Bastrika after 5 months

Khumbhaka – breath retention, avoid holding the breath during pregnancy

Suggested Pranayama:

Deep belly breathing:

  • Sit or lie in a comfortable position with spine in good alignment.
  • Close your eyes, place hands on the belly
  • Breath into the belly expanding the abdomen as if expanding a balloon.  Long slow inhale.
  • Exhale at the same rate drawing the belly to the spine.
  • Think about abundance and love as you focus on the breath.

Ovarian Breath:

  • Gently start moving the breath in and out.  Let your energy flow up the spine on the inhale and down the front on the exhale.
  • Imagine your uterus is a golden bowl.  Let that bowl fill up with loving energy and draw that energy up your back to the crown of your head on the inhale.
  • On each exhale, let that golden light flow over your head, down into your heart area opening the heart, and back down into the belly.

Ujjayi breath- Ocean breath:  Use this during your yoga practice to help maintain a focus on the breath.  This will help you create a steady flow of breath and energy throughout your practice.

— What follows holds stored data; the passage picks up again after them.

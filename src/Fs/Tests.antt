-- ===== src/Fs/Tests.antt =====
-- Runs of the block layer at concrete inputs.
use wei_os.Fs.Recovery.Crash.{write_log_blk-recover_from_log}
use wei_os.Fs.Recovery.{write_log_blk, run_writes, header_block, recover_from_log}
use wei_os.Fs.Recovery.Writes.{IsCommit}
use wei_os.Common.{
  has, ◌⊎◌, ◌<◌, take, ◌≤◌, ℕ, zero, suc, ◌≡◌, ◌≢◌, inl, refl, true, false, some, List, [], ◌∷◌,
  ◌==◌, if◌then◌else◌, arith, replicate, set,
}
use wei_os.Fs.{Buf, State, LogManager, update, maxopblocks}
use wei_os.Fs.Buffer.{getblk, find_blk_in_hash, find_in_queue, getblk_miss, put_blk_in_hash}
use wei_os.Fs.Log.{log_block, begin_transaction, end_transaction, panics}
use wei_os.Fs.Log.Write.{Logged, log_block-Logged}
use wei_os.Fs.Log.Reserve.{
  Caller, idle, may_log, begins, logs, start, next, caller, budget, log_block-accepts,
}
use wei_os.Fs.Buffer.Find.{getblk-Locked, Locked}
use wei_os.Fs.Recovery.Order.{run_writes-recover_from_log}

abbrev empty_log : LogManager
empty_log = record {
  dev = 1;
  size = 121;
  start = 2;
  committing = false;
  n_occupiers = 0;
  nblks = 0;
  blks_no = replicate 120 0;
}

abbrev open_log : LogManager
open_log = record empty_log { n_occupiers = 1 }

abbrev one_block : LogManager
one_block = record open_log { nblks = 1; blks_no = set (replicate 120 0) 0 7 }

log_block-Logged_example : Logged 7 open_log one_block
unfolding log_block
log_block-Logged_example =
    log_block-Logged 7 open_log one_block (record { room = refl; bound = omega arith; once = refl })
      refl

abbrev callers : List Caller
callers = idle ∷ idle ∷ []

abbrev callers_later : List Caller
callers_later = may_log 39 ∷ idle ∷ []

log_block-accepts_example :
    ((m : LogManager) × (log_block 9 one_block ≡ some m)) × (end_transaction one_block ≢ panics)
unfolding log_block begin_transaction
log_block-accepts_example =
    log_block-accepts {l = empty_log} {l' = one_block} {cs = callers} {ds = callers_later} 0 38 9
      (record { room = omega arith; each = few; counted = refl; quiet = inl refl }) (omega arith)
      (next (next start (begins empty_log open_log callers 0 (omega arith) refl refl))
        (logs open_log one_block (may_log 40 ∷ idle ∷ []) 0 39 7 refl refl))
      refl
  where
    few : (p : ℕ) → budget (caller callers p) ≤ maxopblocks
    few zero = omega arith
    few (suc zero) = omega arith
    few (suc (suc p)) = omega arith

abbrev buffers : ℕ → Buf
buffers b = record {
  content = 5 ∷ [];
  busy = b == 0;
  valid = true;
  dirty = false;
  dev = 1;
  blockno = if b == 0 then 7 else 8;
}

abbrev disks : State
disks = record {
  disk = λ d n. [];
  buf = buffers;
  hash = update (λ i. []) 5 (0 ∷ []);
  free_list = 1 ∷ [];
  slave = true;
  log = open_log;
  sb_size = 5000;
  bitmap_start = 3;
}

getblk-Locked_example : (s' : State) × (((disks.buf 1).busy ≡ false) × Locked 1 1 9 s')
unfolding getblk getblk_miss find_blk_in_hash find_in_queue put_blk_in_hash
getblk-Locked_example = (_, getblk-Locked 1 1 9 disks _ (λ c h. ground (arith, h)) refl)

-- A log at block 2 for two blocks.
abbrev two_blocks : List ℕ
two_blocks = 7 ∷ 9 ∷ []

abbrev new_content : ℕ → List ℕ
new_content n = n ∷ 1 ∷ []

abbrev old_disk : ℕ → List ℕ
old_disk n = if n == 2 then replicate 8 0 else n ∷ 0 ∷ []

two_blocks-IsCommit : IsCommit 2 two_blocks
two_blocks-IsCommit = record { small = omega arith; words = refl; elsewhere = refl }

-- Header and log are written, and of the home blocks the second.
abbrev logged : ℕ → List ℕ
logged n =
    if n == 2
    then header_block two_blocks (replicate 8 0)
    else if n == 3
    then new_content 7
    else if n == 4
    then new_content 9
    else old_disk n

abbrev second_home : List (ℕ × List ℕ)
second_home = (9, new_content 9) ∷ []

run_writes-recover_from_log_example :
    ((j : ℕ)
      → (j < 2) ⊎ (4 < j)
      → recover_from_log 2 (run_writes second_home logged) j
        ≡ (if has j two_blocks then new_content j else logged j))
    × ((j : ℕ)
        → j ≢ 2
        → recover_from_log 2
            (update (run_writes second_home logged) 2 (header_block [] (logged 2)))
            j
          ≡ run_writes second_home logged j)
run_writes-recover_from_log_example =
    run_writes-recover_from_log 2 two_blocks new_content (replicate 8 0) second_home logged
      two_blocks-IsCommit refl (refl, (refl, refl)) (refl, refl, tt)

write_log_blk-recover_from_log_example :
    recover_from_log 2 (run_writes (take 1 (write_log_blk 2 two_blocks new_content)) old_disk) 7
    ≡ 7 ∷ 1 ∷ []
unfolding header_block
write_log_blk-recover_from_log_example =
    write_log_blk-recover_from_log 1 2 two_blocks new_content (replicate 8 0) old_disk 7
      two_blocks-IsCommit refl (omega arith) (λ e. omega arith)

  • Inhale and exhale deeply through the mouth while constricting the back of the throat so the breath makes a sound like an ocean wave.
  • To initially obtain this breath, start with the mouth open and make a HAAHH sound as you exhale, and an AHHH sound on the inhale for 3-5 breaths.  Then close the mouth and breathing through the nose continue making the HA and AH sounds.  It is like a darth radar breath.  It does not need to be super intense, just enough that you can hear the breath.

Sleep Breath:

  • Inhale at your normal rate a deep breath.
  • On the Exhale slowly release so the exhale is longer than the inhale
  • Try to increase the length of the exhale to twice as long as the inhale.
  • This is a relaxing and calming breath to calm the central nervous system and can be used before sleeping at night.